Al Teatro dell’Opera di Roma grande successo per il nuovo allestimento di Billy Budd firmato dalla regista Deborah Warren
ROMA, 13 maggio 2018 – L’interno di una nave da guerra britannica, dove però la presenza del mare non si avverte, con la ciurma che vive sottocoperta, mentre l’equipaggio di alto rango si muove al piano superiore. Non è una scelta speculare solo alla gerarchia dei personaggi, ma un modo per sottolineare come Billy Budd – riflessione sul bene e il male che convivono dentro ciascuno – si articoli su più livelli: come già succede nel racconto di Melville e, ancor più, nell’opera di Britten (1951) su libretto di Forster, che grazie alla musica vi aggiunge ulteriori elementi di complessità.

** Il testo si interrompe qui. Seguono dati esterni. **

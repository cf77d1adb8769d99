-- ===== src/Gateway/Calls/Through.antt =====
-- internal/gateway/provider.go: what the breaker refuses goes to the fallback.
use costguard.Base.{
  ℕ, ◌≡◌, ap, ◌∙◌, String, true, false, Option, none, some, str_eq, Dict, arith, if◌then◌else◌,
  eq_iff,
}
use costguard.Base.Float.{Float}
use costguard.Breaker.{Breaker, allow}
use costguard.Breaker.Registry.{Registry, for_provider, at}
use costguard.Gateway.Errors.{GoError, is_retryable_provider_error, circuit_breaker_open}
use costguard.Gateway.Errors.Fallback.{gateway_errors_are_retryable}
use costguard.Gateway.Retry.{Reply, errored}
use costguard.Gateway.Calls.{
  call_through_breaker, compatible_model_for_provider, call_provider_with_fallback,
}

module _ (f : Float) where
  refused :
      (r : Registry) (others : Registry → Registry) (now later : ℕ) (provider : String)
      (reply : Reply f) (b : Breaker)
      → at (for_provider r provider).1 (for_provider r provider).0 ≡ some b
      → (allow b now).0.0 ≡ false
      → let out = call_through_breaker f r others now later provider reply in
        (out.0 ≡ errored (circuit_breaker_open provider)) × (out.1 ≡ false)
  unfolding call_through_breaker
  refused r others now later provider reply b found refuses = ground arith

  -- The model that the fallback is asked for.
  abbrev pub fallback_model : Dict (Dict String) → String → String → String
  fallback_model compatibility model fallback =
      let compatible = compatible_model_for_provider f compatibility model fallback in
      if str_eq compatible "" then model else compatible

  falls_back :
      (compatibility : Dict (Dict String)) (fallback provider model : String) (e : GoError)
      (call_fallback : String → Reply f) (rewrite_error : String → Option GoError)
      → str_eq fallback "" ≡ false
      → str_eq provider fallback ≡ false
      → is_retryable_provider_error e ≡ true
      → rewrite_error (fallback_model compatibility model fallback) ≡ none
      → let m = fallback_model compatibility model fallback in
        call_provider_with_fallback f compatibility fallback provider model
          (errored e)
          call_fallback
          rewrite_error
        ≡ record { answer = call_fallback m; provider = fallback; model = m }
  unfolding call_provider_with_fallback
  falls_back compatibility fallback provider model e call_fallback rewrite_error a b c d =
      let compatible = compatible_model_for_provider f compatibility model fallback in
      ground (arith, eq_iff compatible model, eq_iff compatible "")

  -- A request whose provider's breaker refuses is not sent to that provider, and gets what the
  -- fallback answers to the model that is compatible there, or to its own if none is, whatever
  -- others do meanwhile, if the fallback is another provider and the body can be rewritten.
  pub refused_request_falls_back :
      (r : Registry) (others : Registry → Registry) (now later : ℕ)
      (compatibility : Dict (Dict String)) (fallback provider model : String) (reply : Reply f)
      (call_fallback : String → Reply f) (rewrite_error : String → Option GoError) (b : Breaker)
      → at (for_provider r provider).1 (for_provider r provider).0 ≡ some b
      → (allow b now).0.0 ≡ false
      → str_eq fallback "" ≡ false
      → str_eq provider fallback ≡ false
      → rewrite_error (fallback_model compatibility model fallback) ≡ none
      → let out = call_through_breaker f r others now later provider reply in
        let m = fallback_model compatibility model fallback in
        (out.1 ≡ false)
        × (call_provider_with_fallback f compatibility fallback provider model out.0 call_fallback
              rewrite_error
            ≡ record { answer = call_fallback m; provider = fallback; model = m })
  refused_request_falls_back r others now later compatibility fallback provider model reply
        call_fallback rewrite_error b found refuses some_fallback other rewritten =
      let (answer, uncalled) = refused r others now later provider reply b found refuses in
      let texts = gateway_errors_are_retryable provider 0 (circuit_breaker_open provider) in
      (
        uncalled,
        ap
              (λ a.
                call_provider_with_fallback f compatibility fallback provider model a call_fallback
                  rewrite_error)
              answer
            ∙ falls_back compatibility fallback provider model (circuit_breaker_open provider)
                call_fallback rewrite_error some_fallback other texts.3 rewritten,
      )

Nel nuovo allestimento dell’Opera di Roma firmato da Deborah Warner, la scenografia ultraessenziale di Michael Levine e i costumi senza tempo di Chloe Obolensky – oltre alle bellissime luci di Jean Kalman – esaltano un dramma che prende forma in un tempo sospeso: nel Billy Budd non c’è quasi azione e, quando s’intravede il nemico, l’unico colpo sparato non va neppure a segno. Un po’ alla volta ci si immerge in quest’atmosfera, prendendo atto della crudeltà, anche gratuita, che regola i rapporti fra i marinai e – più in generale, forse – fra gli uomini. La tragedia si consuma essenzialmente nelle coscienze del terzetto protagonista: il tappeto nell’appartamento del capitano Vere, continuamente avvolto e disteso, rappresenta un’ideale metafora di ciò che i cuori celano e di quello che invece si è autorizzati a mostrare.

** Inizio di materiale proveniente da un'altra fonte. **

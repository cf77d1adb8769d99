-- ===== src/Gateway/Meter/Lines.antt =====
-- internal/gateway/stream_meter.go: how the bytes that `Read` is given come to be lines.
use mathlib.Core.List.{append_assoc, append-nil}
use costguard.Base.{
  ℕ, String, zero, suc, ◌==◌, ◌≡◌, ◌<◌, ◌≤◌, refl, Bool, true, false, ◌&&◌, List, [], ◌∷◌, ◌++◌,
  Option, none, some, if◌then◌else◌, arith, length, length-append, leb, le→leb, Option-cases,
  Bool-cases, inl, inr,
}
use costguard.Gateway.Meter.{
  max_line_buf_size, SseChunk, Account, StreamMeter, trim_cr, cut_line, process_line, complete_line,
  keep_partial, drain, inspect, read, new_stream_meter,
}

-- The complete lines of a text of which `pre` has been seen, and what is left open at its end.
abbrev pub lines_from : List ℕ → List ℕ → List (List ℕ)
lines_from pre [] = []
lines_from pre (c ∷ s) =
    let ls = lines_from (if c == 10 then [] else pre ++ (c ∷ [])) s in
    if c == 10 then pre ∷ ls else ls

abbrev pub rest_from : List ℕ → List ℕ → List ℕ
rest_from pre [] = pre
rest_from pre (c ∷ s) = rest_from (if c == 10 then [] else pre ++ (c ∷ [])) s

-- No line is longer than the cap, the last one included.
abbrev pub fits : List ℕ → List ℕ → Bool
fits pre [] = leb (length pre) max_line_buf_size
fits pre (c ∷ s) =
    let later = fits (if c == 10 then [] else pre ++ (c ∷ [])) s in
    leb (length pre) max_line_buf_size && later

abbrev pub concat : List (List ℕ) → List ℕ
concat [] = []
concat (s ∷ ss) = s ++ concat ss

lines_from-append :
    (pre s t : List ℕ)
    → lines_from pre (s ++ t) ≡ lines_from pre s ++ lines_from (rest_from pre s) t
lines_from-append pre [] t = refl
lines_from-append pre (c ∷ s) t =
    ground (arith, lines_from-append (if c == 10 then [] else pre ++ (c ∷ [])) s t)

fits-head : (pre s : List ℕ) → fits pre s ≡ true → length pre ≤ max_line_buf_size
fits-head pre [] h = ground arith
fits-head pre (c ∷ s) h = ground arith

fits-rest : (pre s t : List ℕ) → fits pre (s ++ t) ≡ true → fits (rest_from pre s) t ≡ true
fits-rest pre [] t h = h
fits-rest pre (c ∷ s) t h = fits-rest (if c == 10 then [] else pre ++ (c ∷ [])) s t (ground arith)

fits-front : (pre s t : List ℕ) → fits pre (s ++ t) ≡ true → fits pre s ≡ true
fits-front pre [] t h = le→leb (length pre) max_line_buf_size (fits-head pre t h)
fits-front pre (c ∷ s) t h =
    ground (arith, fits-front (if c == 10 then [] else pre ++ (c ∷ [])) s t)

rest_from-append : (pre s t : List ℕ) → rest_from pre (s ++ t) ≡ rest_from (rest_from pre s) t
rest_from-append pre [] t = refl
rest_from-append pre (c ∷ s) t = rest_from-append (if c == 10 then [] else pre ++ (c ∷ [])) s t

-- A text without a newline is cut where the text behind it is.
cut_line-append :
    (pre s : List ℕ)
    → cut_line pre ≡ none
    → cut_line (pre ++ s) ≡ elim (cut_line s) [ none ↦ none | some (a, b) ↦ some (pre ++ a, b) ]
cut_line-append [] s h = elim (Option-cases (cut_line s)) [
  | inl e ↦ ground arith
  | inr ((a, b), e) ↦ ground arith
]
cut_line-append (c ∷ pre) s h = elim (Option-cases (cut_line pre)) [
  | inl e ↦ elim (Option-cases (cut_line s)) [
    | inl g ↦ ground (arith, cut_line-append pre s e)
    | inr ((a, b), g) ↦ ground (arith, cut_line-append pre s e)
  ]
  | inr ((a, b), e) ↦ ground arith
]

length-cut : (s : List ℕ) {a b : List ℕ} → cut_line s ≡ some (a, b) → length b < length s
length-cut [] h = cc
length-cut (c ∷ s) {a} {b} h = elim (Option-cases (cut_line s)) [
  | inl e ↦ ground arith
  | inr ((x, y), e) ↦ ground (arith, length-cut s e)
]

cut_line-push :
    (pre : List ℕ) (c : ℕ)
    → cut_line pre ≡ none
    → (c == 10) ≡ false
    → cut_line (pre ++ (c ∷ [])) ≡ none
cut_line-push pre c h e = rw (cut_line-append pre (c ∷ []) h) (ground arith)

cut_line-newline :
    (pre : List ℕ) (c : ℕ) (s : List ℕ)
    → cut_line pre ≡ none
    → (c == 10) ≡ true
    → cut_line (pre ++ (c ∷ s)) ≡ some (pre, s)
cut_line-newline pre c s h e = rw (cut_line-append pre (c ∷ s) h) (ground (arith, append-nil pre))

module _ (unmarshal : List ℕ → Option SseChunk) where
  abbrev pub process_lines : List (List ℕ) → Account → Account
  process_lines [] a = a
  process_lines (l ∷ ls) a = process_lines ls (process_line unmarshal (trim_cr l) a)

  process_lines-append :
      (ks ls : List (List ℕ)) (a : Account)
      → process_lines (ks ++ ls) a ≡ process_lines ls (process_lines ks a)
  process_lines-append [] ls a = refl
  process_lines-append (k ∷ ks) ls a =
      process_lines-append ks ls (process_line unmarshal (trim_cr k) a)

  -- A meter in the middle of a line.
  abbrev pub amid : List ℕ → Account → StreamMeter
  amid pre a = record { line_buf = pre; line_overflowed = false; account = a }

  keep_partial-amid :
      (pre : List ℕ) (a : Account)
      → length pre ≤ max_line_buf_size
      → keep_partial unmarshal (amid pre a) ≡ amid pre a
  unfolding keep_partial
  keep_partial-amid pre a h = ground arith

  drain-none :
      (n : ℕ) (pre : List ℕ) (a : Account)
      → cut_line pre ≡ none
      → length pre ≤ max_line_buf_size
      → drain unmarshal (suc n) (amid pre a) ≡ amid pre a
  unfolding drain
  drain-none n pre a h l = rw h (keep_partial-amid pre a l)

  drain-some :
      (n : ℕ) (buf line rest : List ℕ) (a : Account)
      → cut_line buf ≡ some (line, rest)
      → drain unmarshal (suc n) (amid buf a)
        ≡ drain unmarshal n (amid rest (process_line unmarshal (trim_cr line) a))
  unfolding drain complete_line
  drain-some n buf line rest a h = rw h refl

  drain-amid :
      (n : ℕ) (pre s : List ℕ) (a : Account)
      → cut_line pre ≡ none
      → fits pre s ≡ true
      → length s < n
      → drain unmarshal n (amid (pre ++ s) a)
        ≡ amid (rest_from pre s) (process_lines (lines_from pre s) a)
  drain-amid zero pre s a h f l = absurd (omega arith)
  drain-amid (suc n) pre [] a h f l =
      rw (append-nil pre) (drain-none n pre a h (fits-head pre [] f))
  drain-amid (suc n) pre (c ∷ s) a h f l = elim (Bool-cases (c == 10)) [
    | inl e ↦ ground (
      arith,
      drain-some n (pre ++ (c ∷ s)) pre s a (cut_line-newline pre c s h e),
      drain-amid n [] s (process_line unmarshal (trim_cr pre) a),
    )
    | inr e ↦ ground (
      arith,
      append_assoc pre (c ∷ []) s,
      cut_line-push pre c h e,
      drain-amid (suc n) (pre ++ (c ∷ [])) s a,
    )
  ]

  -- What one `Read` without an error does between two newlines.
  read-amid :
      (pre s : List ℕ) (a : Account)
      → cut_line pre ≡ none
      → fits pre s ≡ true
      → read unmarshal s false (amid pre a)
        ≡ amid (rest_from pre s) (process_lines (lines_from pre s) a)
  unfolding read inspect
  read-amid pre [] a h f = refl
  read-amid pre (c ∷ s) a h f =
      drain-amid (suc (length (pre ++ (c ∷ s)))) pre (c ∷ s) a h f
        (omega (arith, length-append pre (c ∷ s)))

  cut_line-rest : (pre s : List ℕ) → cut_line pre ≡ none → cut_line (rest_from pre s) ≡ none
  cut_line-rest pre [] h = h
  cut_line-rest pre (c ∷ s) h = elim (Bool-cases (c == 10)) [
    | inl e ↦ ground (arith, cut_line-rest [] s)
    | inr e ↦ ground (arith, cut_line-push pre c h e, cut_line-rest (pre ++ (c ∷ [])) s)
  ]

  -- Reads that succeed, one after the other.
  abbrev pub reads : List (List ℕ) → StreamMeter → StreamMeter
  reads [] m = m
  reads (s ∷ ss) m = reads ss (read unmarshal s false m)

  reads-amid :
      (chunks : List (List ℕ)) (pre : List ℕ) (a : Account)
      → cut_line pre ≡ none
      → fits pre (concat chunks) ≡ true
      → reads chunks (amid pre a)
        ≡ amid (rest_from pre (concat chunks)) (process_lines (lines_from pre (concat chunks)) a)
  reads-amid [] pre a h f = refl
  reads-amid (s ∷ ss) pre a h f =
      rw
        (
          read-amid pre s a h (fits-front pre s (concat ss) f),
          lines_from-append pre s (concat ss),
          rest_from-append pre s (concat ss),
          process_lines-append (lines_from pre s) (lines_from (rest_from pre s) (concat ss)) a,
        )
        (reads-amid ss (rest_from pre s) (process_lines (lines_from pre s) a)
          (cut_line-rest pre s h) (fits-rest pre s (concat ss) f))

  -- However a stream whose lines are no longer than the cap is cut into reads, a new meter has handled
  -- exactly the complete lines of the whole stream, in their order, and holds the open line.
  pub reads-new_stream_meter :
      (model : String) (prompt vision : ℕ) (chunks : List (List ℕ))
      → fits [] (concat chunks) ≡ true
      → reads chunks (new_stream_meter model prompt vision) ≡ record {
        line_buf = rest_from [] (concat chunks);
        line_overflowed = false;
        account =
            process_lines
              (lines_from [] (concat chunks))
              (new_stream_meter model prompt vision).account;
      }
  unfolding new_stream_meter
  reads-new_stream_meter model prompt vision chunks f =
      reads-amid chunks [] (new_stream_meter model prompt vision).account refl f

  -- The rounds of the loop suffice, and what is left is short.
  drain_bounded :
      (n : ℕ) (m : StreamMeter)
      → length m.line_buf < n
      → (cut_line (drain unmarshal n m).line_buf ≡ none)
        × (length (drain unmarshal n m).line_buf ≤ max_line_buf_size)
  unfolding drain complete_line keep_partial
  drain_bounded zero m h = absurd (omega arith)
  drain_bounded (suc n) m h = elim (Option-cases (cut_line m.line_buf)) [
    | inl e ↦ ground arith
    | inr ((line, rest), e) ↦
        ground
          (arith, length-cut m.line_buf e, drain_bounded n (complete_line unmarshal line rest m))
  ]

  -- Whatever a meter held and is given, after `inspect` its buffer holds no newline, so every complete
  -- line has been handled, and at most `maxLineBufSize` bytes.
  pub inspect_bounded :
      (bytes : List ℕ) (m : StreamMeter)
      → (cut_line (inspect unmarshal bytes m).line_buf ≡ none)
        × (length (inspect unmarshal bytes m).line_buf ≤ max_line_buf_size)
  unfolding inspect
  inspect_bounded bytes m =
      drain_bounded (suc (length (m.line_buf ++ bytes)))
        (record m { line_buf = m.line_buf ++ bytes }) (omega arith)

Accuratissimo il lavoro fatto dalla regista inglese (quaranta giorni di prove, come ormai non si usa più) sia nel coordinare i movimenti delle masse – il coro canta e si muove con precisione metronomica – sia nello scavo psicologico dei personaggi: toccante l’immagine di Billy che sta per essere impiccato e appoggia affettuosamente una mano sulla testa del capitano, quasi nell’intento di sollevarlo dal peso dei rimorsi di non essere riuscito a salvarlo. Ed è molto suggestivo il finale con il giovane marinaio che non viene appeso al pennone ma sembra assurgere in cielo, spinto dalla musica: un simbolismo inequivocabile, che assegna alla morte del protagonista le caratteristiche di un vero e proprio sacrificio, salvifico e consolatorio.
Sebbene baritono fin troppo tenorile, Phillip Addis è riuscito a incarnare in modo ideale la giovanile spontaneità e l’entusiasmo di Billy (“buono, bello nell’anima e nel corpo” come viene più volte definito), riuscendo a trasmettere anche la dolorosa consapevolezza con cui affronta la morte. Il bravissimo tenore Toby Spence ha reso con perfetta sicurezza vocale la complessità di Vere, combattuto fra i doveri legati al suo rango di capitano e il desiderio di salvare Billy. Il basso John Relyea è stato in grado d’imprimere una cinica crudeltà al maestro d’armi Claggart, anima nera della vicenda, disegnando il profilo di un uomo spaventato dagli aspetti più torbidi del proprio animo, come emerge dalla sua aria che sembra ricalcata sul Credo di Jago dell’Otello. Molto bravi anche i sedici personaggi di contorno, tra cui merita una citazione almeno il basso Stephen Richardson, nei panni di Dansker: con atteggiamento paterno mette in guardia Billy dalle provocazioni, svelando una tenerezza inaspettata – e dunque ancor più straziante – nei rudi rapporti di questo universo maschile. Tutti perfettamente amalgamati dalla bacchetta di James Conlon, direttore dalla lunga familiarità con Britten, che ha guidato gli strumentisti con precisione e minuziosa cura dei dettagli, valorizzando un’orchestrazione che punta molto sulla varietà timbrica. Eccellente la prova del coro (strepitoso anche sul piano attoriale, fra l’altro), preparato come di consueto da Roberto Gabbiani.
Gremita la sala del Costanzi da un pubblico entusiasta: merito della musica di Britten, certo, ma pure di uno spettacolo dove sono riusciti a fondersi l’ottimo aspetto esecutivo e quello visuale. Una volta tanto in una felicissima simbiosi.